The concern for many employees wasn’t just the change in schedule itself. It was what that change seemed to signal – a possible shift in how flexibility is valued, and in how much say employees feel they have in shaping their working lives. Especially in a context where performance under hybrid models had remained strong, and existing enterprise agreements had backed flexible arrangements, the policy was seen by some as a step away from mutual trust.
A different direction emerges
Most recently, the Victorian Government announced a move that takes a very different approach to flexible work. At the state Labor conference, Premier Jacinta Allan unveiled a proposal to give employees a legal right to work from home at least two days per week, where their role allows it.
If the legislation passes, Victoria would become the first jurisdiction in Australia to enshrine remote work rights into law.
The proposal raises complex legal questions, particularly around the limits of state power in workplace law.
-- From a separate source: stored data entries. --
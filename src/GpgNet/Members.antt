-- ===== src/GpgNet/Members.antt =====
-- `std::set` and `std::map` of the servers: the sorted list of the members, and which they are.
use ice_adapter.Base.{
  ℕ, suc, ◌≡◌, refl, ap, inl, inr, map, Bytes, Bool, true, false, List, [], ◌∷◌, ◌++◌, arith,
  Bool-cases, ltb, ◌==◌, if◌then◌else◌,
}
use ice_adapter.GpgNet.Server.{insert, erase}

abbrev pub contains : ℕ → List ℕ → Bool
contains h [] = false
contains h (k ∷ ks) = let rest = contains h ks in if h == k then true else rest

abbrev Above : ℕ → List ℕ → Type 0
Above h [] = Unit
Above h (k ∷ ks) = (ltb h k ≡ true) × Above k ks

abbrev pub IsSorted : List ℕ → Type 0
IsSorted [] = Unit
IsSorted (h ∷ hs) = Above h hs

pub contains-Above :
    (h : ℕ) (ks : List ℕ) (j : ℕ) → Above h ks → ltb j (suc h) ≡ true → contains j ks ≡ false
contains-Above h [] j a le = refl
contains-Above h (k ∷ ks) j a le = ground (arith, contains-Above k ks j a.1)

pub contains-insert :
    (j h : ℕ) (hs : List ℕ) → contains j (insert h hs) ≡ (if j == h then true else contains j hs)
unfolding insert
contains-insert j h [] = ground arith
contains-insert j h (k ∷ ks) = ground (arith, contains-insert j h ks)

pub Above-IsSorted : (h : ℕ) (ks : List ℕ) → Above h ks → IsSorted ks
Above-IsSorted h [] a = tt
Above-IsSorted h (k ∷ ks) a = a.1

Above-lower : (h k : ℕ) (ks : List ℕ) → ltb h k ≡ true → Above k ks → Above h ks
Above-lower h k [] l a = tt
Above-lower h k (j ∷ ks) l a = (ground arith, a.1)

Above-insert : (k h : ℕ) (ks : List ℕ) → ltb k h ≡ true → Above k ks → Above k (insert h ks)
unfolding insert
Above-insert k h [] l a = (l, tt)
Above-insert k h (j ∷ ks) l a = elim (Bool-cases (h == j)) [
  | inl e ↦ rw (e, insert) a
  | inr e ↦ elim (Bool-cases (ltb h j)) [
    | inl b ↦ rw (e, b, insert) (l, (b, a.1))
    | inr b ↦ rw (e, b, insert) (a.0, Above-insert j h ks (ground arith) a.1)
  ]
]

Above-erase : (k h : ℕ) (ks : List ℕ) → Above k ks → Above k (erase h ks)
unfolding erase
Above-erase k h [] a = tt
Above-erase k h (j ∷ ks) a = elim (Bool-cases (h == j)) [
  | inl e ↦ rw (e, erase) (Above-lower k j ks a.0 a.1)
  | inr e ↦ rw (e, erase) (a.0, Above-erase j h ks a.1)
]

pub insert-IsSorted : (h : ℕ) (hs : List ℕ) → IsSorted hs → IsSorted (insert h hs)
unfolding insert
insert-IsSorted h [] o = tt
insert-IsSorted h (k ∷ ks) o = elim (Bool-cases (h == k)) [
  | inl e ↦ rw (e, insert) o
  | inr e ↦ elim (Bool-cases (ltb h k)) [
    | inl b ↦ rw (e, b, insert) (b, o)
    | inr b ↦ rw (e, b, insert) (Above-insert k h ks (ground arith) o)
  ]
]

pub erase-IsSorted : (h : ℕ) (hs : List ℕ) → IsSorted hs → IsSorted (erase h hs)
unfolding erase
erase-IsSorted h [] o = tt
erase-IsSorted h (k ∷ ks) o = elim (Bool-cases (h == k)) [
  | inl e ↦ rw (e, erase) (Above-IsSorted k ks o)
  | inr e ↦ rw (e, erase) (Above-erase k h ks o)
]

pub contains-erase :
    (j h : ℕ) (hs : List ℕ)
    → IsSorted hs
    → contains j (erase h hs) ≡ (if j == h then false else contains j hs)
unfolding erase
contains-erase j h [] o = ground arith
contains-erase j h (k ∷ ks) o =
    ground (arith, contains-erase j h ks (Above-IsSorted k ks o), contains-Above k ks j o)

-- What is sent to one of the members, in order.
abbrev pub received_by : ℕ → List (ℕ × Bytes) → List Bytes
received_by h [] = []
received_by h ((k, bytes) ∷ w) = let rest = received_by h w in if h == k then bytes ∷ rest else rest

pub received_by-append :
    (h : ℕ) (v w : List (ℕ × Bytes)) → received_by h (v ++ w) ≡ received_by h v ++ received_by h w
received_by-append h [] w = refl
received_by-append h ((k, bytes) ∷ v) w = elim (Bool-cases (h == k)) [
  | inl e ↦ rw e (ap (λ l. bytes ∷ l) (received_by-append h v w))
  | inr e ↦ rw e (received_by-append h v w)
]

pub received_by-none :
    (h : ℕ) (bytes : Bytes) (ks : List ℕ)
    → contains h ks ≡ false
    → received_by h (map (λ k. (k, bytes)) ks) ≡ []
received_by-none h bytes [] n = refl
received_by-none h bytes (k ∷ ks) n = ground (arith, received_by-none h bytes ks)

-- Every member of a set is in it once.
pub received_by-broadcast :
    (h : ℕ) (bytes : Bytes) (ks : List ℕ)
    → IsSorted ks
    → received_by h (map (λ k. (k, bytes)) ks) ≡ (if contains h ks then bytes ∷ [] else [])
received_by-broadcast h bytes [] o = refl
received_by-broadcast h bytes (k ∷ ks) o = elim (Bool-cases (h == k)) [
  | inl e ↦
      rw e
        (ap (λ l. bytes ∷ l) (received_by-none h bytes ks (contains-Above k ks h o (ground arith))))
  | inr e ↦ rw e (received_by-broadcast h bytes ks (Above-IsSorted k ks o))
]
While industrial relations is largely governed federally, the Victorian Government has suggested several mechanisms, including the Equal Opportunity Act, that could form the basis of enforceable protections.
Regardless of its legal path, the announcement reflects a growing recognition that workplace flexibility is no longer just an internal HR matter. It’s now a policy issue, a political statement, and in some ways, a cultural dividing line.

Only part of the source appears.